違う列が返る。 列番号がずれています。列番号は範囲の中で1から数えることを思い出してください——スプレッドシートの列のアルファベットではありません。
#REF! — 列番号が大きすぎる。 3列の範囲に対して4列目を求めています。範囲を広げるか、列番号を下げましょう。

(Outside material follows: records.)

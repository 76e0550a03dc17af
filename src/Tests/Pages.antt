-- ===== src/Tests/Pages.antt =====
-- The paging of backend/app/services/shopping_list_service.py over two lists.
use prislapp.Prelude.{[], arith, filter, inl, map, none, refl, some, ◌∷◌, ◌≡◌}
use prislapp.Prelude.Sort.{sort_by}
use prislapp.ShoppingList.Invariant.{Inv}
use prislapp.ShoppingList.Model.{Db, ShoppingList}
use prislapp.ShoppingList.Paging.{is_shown, list_lists, shown_response}
use prislapp.ShoppingList.Paging.Complete.{list_lists-walk, walk}
use prislapp.ShoppingList.Sequence.{sequence}
use prislapp.ShoppingList.Sync.{by_created_at}
use prislapp.Tests.ShoppingLists.{start, week_list}

abbrev party_list : ShoppingList
party_list = record week_list { id = 2; created_at = 90; content_seq = 2 }

abbrev two_lists : Db
two_lists = record start { lists = week_list ∷ party_list ∷ [] }

two_lists-Inv : Inv two_lists
unfolding sequence
two_lists-Inv = record {
  list_ids = ((omega arith, tt), (tt, tt));
  item_ids = (tt, tt);
  bounded = (omega arith, (omega arith, tt));
  covered = (inl (refl, refl, omega arith), tt);
  valid = (record { reference = tt; quantity = refl }, tt);
  limit = λ list_id. ground arith;
}

list_lists-walk_example :
    walk 7 (some 1) two_lists 3 none
    ≡ some (
        map
          (shown_response 7 two_lists)
          (sort_by by_created_at (filter (is_shown 7) two_lists.lists)))
list_lists-walk_example = list_lists-walk 7 (some 1) two_lists two_lists-Inv

-- The list that was created first comes first, in pages of one.
walked :
    walk 7 (some 1) two_lists 3 none
    ≡ some (shown_response 7 two_lists party_list ∷ shown_response 7 two_lists week_list ∷ [])
unfolding list_lists
walked = refl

右にしか探せない。 VLOOKUPは検索列より右の列しか返せません。欲しい値が左にある場合、それが(下記の)XLOOKUPに切り替える一番の理由です。
$ で範囲を固定する
式を下方向にコピーするなら、範囲がずれないよう固定します。
=VLOOKUP(D2, $A:$B, 2, FALSE)
$ 記号は範囲を固定したまま、検索キー(D2)は各行に合わせて動きます。
XLOOKUPを使うべき場面
GoogleスプレッドシートにはXLOOKUPもあり、より柔軟です。
=XLOOKUP(D2, A:A, B:B)
検索列と返す列を別々に指定するので、左でも右でも探せて、初期設定が完全一致で、「見つからないとき」のメッセージも設定できます。ゼロから作るならXLOOKUPのほうがすっきりしていることが多いです——ただしVLOOKUPは既存のシートに無数にあるので、両方知っておく価値があります。
まとめ
- 範囲の先頭列がVLOOKUPの探す場所。
- 列番号は範囲の中で1から数える。
- 完全一致には
FALSE。 - コピーするときは
$で範囲を固定。 - 左を探したい・つまずきを減らしたいならXLOOKUP。
上の例を空のシートに貼って数字を変えてみれば、5分で身につきます。